Mahsa Khoshnoodi

PhD Student in Computer Science
Georgetown University · GUCV Lab · Advised by Dr. Sarah Adel Bargal · Previously collaborated with Dr. Michael Saxon (UCSB)

Not all seeing is understanding: when a vision-language model looks at an image, does it reason or does it pattern-match? I build diagnostic frameworks that locate exactly where and why VLMs fail on fine-grained visual understanding, treating hallucination as a reasoning failure rather than an output artifact. My broader vision is that truly capable VLMs will need more than perception: a structured world model that captures how the visual world works, bridging the gap between seeing, understanding, and acting.

I am actively seeking Research Internships in multimodal AI and visual reasoning.
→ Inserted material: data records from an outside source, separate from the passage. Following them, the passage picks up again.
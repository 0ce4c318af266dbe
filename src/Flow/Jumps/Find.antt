-- ===== src/Flow/Jumps/Find.antt =====
-- `find_jump_dest` of aderyn_core/src/context/flow/utils.rs finds the end of a loop that it can walk to.
use aderyn.Prelude.{
  ℕ, zero, suc, ◌+◌, ◌<◌, ◌⊎◌, Bool, true, false, Option, none, some, List, [], ◌∷◌, ◌≡◌, refl, sym,
  ap, ◌∙◌, arith, ◌==◌, Bool-cases, inl, inr, ==_iff, is_some, All, contains, length,
}
use aderyn.Flow.Node.{CfgNode, CfgNodeDescriptor}
use aderyn.Flow.Cfg.{Cfg, or_nil}
use aderyn.Prelude.Leads.{Leads, here, step}
use aderyn.Flow.Reduce.Invariant.{node_at}
use aderyn.Flow.Jumps.{JumpDestination, loop_of, jump_children, first_dest, find_jump_dest}
use aderyn.Prelude.Unvisited.{left, left-le, left-visit, left-length, All-contains}

abbrev site : Cfg → Option CfgNode → Option (Option JumpDestination)
site g none = none
site g (some node) = loop_of g node.id node.nd

abbrev walk_on : Cfg → Option CfgNode → Option (Option JumpDestination) → List ℕ
walk_on g (some node) (some none) = or_nil (jump_children g node.id node.nd)
walk_on g _ _ = []

-- A step of the walk: to the end of a start node, and to the successors of any other node that is not
-- the end of a loop's condition or update.
abbrev pub hop : Cfg → ℕ → ℕ → Bool
hop g a b = contains (walk_on g (node_at g a) (site g (node_at g a))) b

abbrev loop_at : Option (Option JumpDestination) → Option JumpDestination
loop_at none = none
loop_at (some dest) = dest

-- the loop that ends at a node
abbrev pub ends_at : Cfg → ℕ → Option JumpDestination
ends_at g k = loop_at (site g (node_at g k))

-- Each node of the set bears its id, has the lookup entries that the search asks for, and leads to nodes
-- of the set.
abbrev pub IsSearchable : Cfg → (ℕ → Type 0) → Type 0
IsSearchable g S =
    (k : ℕ)
    → S k
    → (node : CfgNode) × (node_at g k ≡ some node)
      × (node.id ≡ k)
      × (((d : JumpDestination) × (loop_of g k node.nd ≡ some (some d)))
          ⊎ ((loop_of g k node.nd ≡ some none)
              × (cs : List ℕ) × (jump_children g k node.nd ≡ some cs)
              × All S cs))

-- What a search from `c` gives, and does to the visited set.
record Sought (g : Cfg) (c : ℕ) (v : List ℕ) (r : Option JumpDestination) (v' : List ℕ)
    : Type 0 where
  grows : (k : ℕ) → contains v k ≡ true → contains v' k ≡ true
  found : (d : JumpDestination) → r ≡ some d → (k : ℕ) × Leads (hop g) c k × (ends_at g k ≡ some d)
  closed :
      r ≡ none
      → (a b : ℕ) → contains v' a ≡ true
      → contains v a ≡ false
      → hop g a b ≡ true
      → contains v' b ≡ true
  quiet : r ≡ none → (a : ℕ) → contains v' a ≡ true → contains v a ≡ false → ends_at g a ≡ none

Sought-self : (g : Cfg) (c : ℕ) (v : List ℕ) → Sought g c v none v
Sought-self g c v = record {
  grows = λ k p. p;
  found = λ d e. cc;
  closed = λ e a b p o h. ground (arith, p, o);
  quiet = λ e a p o. ground (arith, p, o);
}

-- a child that finds nothing, and then the other children
Sought-then :
    {g : Cfg} {a c : ℕ} {v v1 v2 : List ℕ} {r : Option JumpDestination}
    → Sought g c v none v1
    → Sought g a v1 r v2
    → Sought g a v r v2
Sought-then {v1 = v1} x y = record {
  grows = λ k p. y.grows k (x.grows k p);
  found = y.found;
  closed = λ e k b p o h. elim (Bool-cases (contains v1 k)) [
    | inl w ↦ y.grows b (x.closed refl k b w o h)
    | inr u ↦ y.closed e k b p u h
  ];
  quiet = λ e k p o. elim (Bool-cases (contains v1 k)) [
    | inl w ↦ x.quiet refl k w o
    | inr u ↦ y.quiet e k p u
  ];
}

-- a child that finds a loop
Sought-found :
    {g : Cfg} {a c : ℕ} {v v1 : List ℕ} {d : JumpDestination}
    → hop g a c ≡ true
    → Sought g c v (some d) v1
    → Sought g a v (some d) v1
Sought-found h x = record {
  grows = x.grows;
  found = λ d e. let (k, p, q) = x.found d e in (k, step h p, q);
  closed = λ e. cc;
  quiet = λ e. cc;
}

abbrev Finds :
    Cfg → (ℕ → Type 0) → ℕ → (ℕ → List ℕ → Option (Option JumpDestination × List ℕ)) → Type 0
Finds g S fuel find =
    (c : ℕ) (v : List ℕ)
    → S c
    → left g.nodes v < fuel
    → (r : Option JumpDestination) × (v' : List ℕ) × (find c v ≡ some (r, v'))
      × Sought g c v r v'
      × (contains v' c ≡ true)

-- what the search of the children `cs` of `a` gives
abbrev FoundAmong :
    Cfg → (ℕ → List ℕ → Option (Option JumpDestination × List ℕ)) → ℕ → List ℕ → List ℕ → Type 0
FoundAmong g find a cs v =
    (r : Option JumpDestination) × (v' : List ℕ) × (first_dest find cs v ≡ some (r, v'))
    × Sought g a v r v'
    × (r ≡ none → All (λ c. contains v' c ≡ true) cs)

after_child :
    (g : Cfg) (find : ℕ → List ℕ → Option (Option JumpDestination × List ℕ)) (a c : ℕ)
    (cs v v1 : List ℕ) (r : Option JumpDestination)
    → find c v ≡ some (r, v1)
    → Sought g c v r v1
    → contains v1 c ≡ true
    → hop g a c ≡ true
    → FoundAmong g find a cs v1
    → FoundAmong g find a (c ∷ cs) v
unfolding first_dest
after_child g find a c cs v v1 (some d) run x seen h rest =
    (some d, v1, rw run refl, Sought-found h x, λ e. cc)
after_child g find a c cs v v1 none run x seen h (r, v2, run', y, rest) =
    (r, v2, rw run run', Sought-then x y, λ e. (y.grows c seen, rest e))

first_dest-Sought :
    (g : Cfg) (S : ℕ → Type 0) (fuel : ℕ)
    (find : ℕ → List ℕ → Option (Option JumpDestination × List ℕ))
    → Finds g S fuel find
    → (a : ℕ) (cs : List ℕ) (v : List ℕ) → All (λ c. S c × (hop g a c ≡ true)) cs
    → left g.nodes v < fuel
    → FoundAmong g find a cs v
unfolding first_dest
first_dest-Sought g S fuel find ok a [] v all l = (none, v, refl, Sought-self g a v, λ e. tt)
first_dest-Sought g S fuel find ok a (c ∷ cs) v ((s, h), all) l =
    let (r, v1, run, x, seen) = ok c v s l in
    after_child g find a c cs v v1 r run x seen h (
      first_dest-Sought g S fuel find ok a cs v1 all
        (omega (arith, l, left-le g.nodes v v1 x.grows)))

children-hop :
    (g : Cfg) (S : ℕ → Type 0) (a : ℕ) (all cs : List ℕ)
    → ((b : ℕ) → contains all b ≡ true → hop g a b ≡ true)
    → ((b : ℕ) → contains cs b ≡ true → contains all b ≡ true)
    → All S cs
    → All (λ c. S c × (hop g a c ≡ true)) cs
children-hop g S a all [] f m h = tt
children-hop g S a all (c ∷ cs) f m h = (
  (h.0, f c (m c (ground arith))),
  children-hop g S a all cs f (λ b p. m b (ground (arith, p))) h.1,
)

-- the search from a node that has not been visited, once its children have been searched
module _ (g : Cfg) (c : ℕ) (v v' cs : List ℕ) (r : Option JumpDestination)
    (unseen : contains v c ≡ false) (no_loop : ends_at g c ≡ none)
    (onward : (b : ℕ) → hop g c b ≡ contains cs b) (x : Sought g c (c ∷ v) r v')
    (all : r ≡ none → All (λ b. contains v' b ≡ true) cs) where
  Sought-node : Sought g c v r v'
  Sought-node = record {
    grows = λ k p. x.grows k (ground (arith, p));
    found = x.found;
    closed = λ e a b p o h. elim (Bool-cases (c == a)) [
      | inl same ↦ All-contains v' cs (all e) b (sym (onward b) ∙ rw (← (==_iff c a).0 same) at h)
      | inr other ↦ x.closed e a b p (ground (arith, other, o)) h
    ];
    quiet = λ e a p o. elim (Bool-cases (c == a)) [
      | inl same ↦ rw (← (==_iff c a).0 same) no_loop
      | inr other ↦ x.quiet e a p (ground (arith, other, o))
    ];
  }

  node_visited : contains v' c ≡ true
  node_visited = x.grows c (ground arith)

module _ (g : Cfg) (c : ℕ) (nd : CfgNodeDescriptor)
    (at : node_at g c ≡ some (record { id = c; nd = nd })) where
  pub ends_at-loop : (d : JumpDestination) → loop_of g c nd ≡ some (some d) → ends_at g c ≡ some d
  ends_at-loop d e = ap (λ o. loop_at (site g o)) at ∙ ap loop_at e

  pub ends_at-none : loop_of g c nd ≡ some none → ends_at g c ≡ none
  ends_at-none e = ap (λ o. loop_at (site g o)) at ∙ ap loop_at e

  pub hop-loop :
      (d : JumpDestination) → loop_of g c nd ≡ some (some d) → (b : ℕ) → hop g c b ≡ false
  hop-loop d e b =
      ap (λ o. contains (walk_on g o (site g o)) b) at
      ∙ ap (λ l. contains (walk_on g (some (record { id = c; nd = nd })) l) b) e

  pub hop-children :
      (cs : List ℕ)
      → loop_of g c nd ≡ some none
      → jump_children g c nd ≡ some cs
      → (b : ℕ) → hop g c b ≡ contains cs b
  hop-children cs e e' b =
      ap (λ o. contains (walk_on g o (site g o)) b) at
      ∙ ap (λ l. contains (walk_on g (some (record { id = c; nd = nd })) l) b) e
      ∙ ap (λ o. contains (or_nil o) b) e'

find_jump_dest-Finds :
    (g : Cfg) (S : ℕ → Type 0)
    → IsSearchable g S
    → (fuel : ℕ) → Finds g S fuel (find_jump_dest g fuel)
unfolding find_jump_dest
find_jump_dest-Finds g S ok zero c v s l = ground (arith, l)
find_jump_dest-Finds g S ok (suc fuel) c v s l = elim (Bool-cases (contains v c)) [
  | inl seen ↦ (none, v, rw seen refl, Sought-self g c v, seen)
  | inr unseen ↦
      let (node, at, own, w) = ok c s in
      let at' : node_at g c ≡ some (record { id = c; nd = node.nd }) =
        at ∙ ap (λ k. some (record { id = k; nd = node.nd })) own in
      elim w [
        | inl (d, e) ↦ (
          some d,
          c ∷ v,
          rw (unseen, at', e) refl,
          record {
            grows = λ k p. ground (arith, p);
            found = λ d' q. (c, here, ends_at-loop g c node.nd at' d e ∙ q);
            closed = λ q. cc;
            quiet = λ q. cc;
          },
          ground arith,
        )
        | inr (e, cs, e', all) ↦
            let onward = hop-children g c node.nd at' cs e e' in
            let there = ap is_some at' in
            let (r, v', run, x, rest) =
              first_dest-Sought g S fuel (find_jump_dest g fuel) (find_jump_dest-Finds g S ok fuel)
                c cs (c ∷ v) (children-hop g S c cs cs (λ b p. onward b ∙ p) (λ b p. p) all)
                (omega (arith, l, left-visit g.nodes v c there unseen)) in
            (
              r,
              v',
              rw (unseen, at', e, e', run) refl,
              Sought-node g c v v' cs r unseen (ends_at-none g c node.nd at' e) onward x rest,
              node_visited g c v v' cs r unseen (ends_at-none g c node.nd at' e) onward x rest,
            )
      ]
]

-- What the search from `c` gives: a loop whose end it can walk to, or nothing where it can walk to no
-- loop's end.
pub data HopFound (g : Cfg) (c : ℕ) : Option JumpDestination → Type 0 where
  a_loop :
      (d : JumpDestination) (k : ℕ)
      → Leads (hop g) c k
      → ends_at g k ≡ some d
      → HopFound g c (some d)
  no_loop : ((k : ℕ) → Leads (hop g) c k → ends_at g k ≡ none) → HopFound g c none

walked :
    {E : ℕ → ℕ → Bool} (v : List ℕ)
    → ((a b : ℕ) → contains v a ≡ true → E a b ≡ true → contains v b ≡ true)
    → {a k : ℕ} → contains v a ≡ true
    → Leads E a k
    → contains v k ≡ true
walked v f h here = h
walked v f h (step {a} {b} e p) = walked v f (f a b h e) p

Sought-HopFound :
    (g : Cfg) (c : ℕ) (r : Option JumpDestination) (v : List ℕ)
    → Sought g c [] r v
    → contains v c ≡ true
    → HopFound g c r
Sought-HopFound g c (some d) v x seen = let (k, p, e) = x.found d refl in a_loop d k p e
Sought-HopFound g c none v x seen =
    no_loop (λ k p. x.quiet refl k (walked v (λ a b w h. x.closed refl a b w refl h) seen p) refl)

-- On a set of nodes that is searchable, from one of its nodes, and with one more fuel than there are
-- nodes, `find_jump_dest` returns without a panic. It gives a loop whose end it can walk to, or nothing
-- if it can walk to no loop's end.
pub find_jump_dest-HopFound :
    (g : Cfg) (S : ℕ → Type 0)
    → IsSearchable g S
    → (c : ℕ) → S c
    → (r : Option JumpDestination) × (v : List ℕ) × (find_jump_dest g (length g.nodes + 1) c []
        ≡ some (r, v))
      × HopFound g c r
find_jump_dest-HopFound g S ok c s =
    let (r, v, run, x, seen) =
      find_jump_dest-Finds g S ok (length g.nodes + 1) c [] s
        (omega (arith, left-length g.nodes [])) in
    (r, v, run, Sought-HopFound g c r v x seen)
Feel free to reach out by email (mk2524@georgetown.edu) or use the icons under my bio at the top of the page.

Mahsa Khoshnoodi
Research Interests

Perception to Reasoning

I investigate how VLMs integrate visual and linguistic information to arrive at decisions. My core observation: even when models reach correct conclusions, their internal reasoning paths are often flawed or biased. I build interpretability tools that function as a microscope for AI, tracing information flow and exposing where perception fails to become genuine reasoning.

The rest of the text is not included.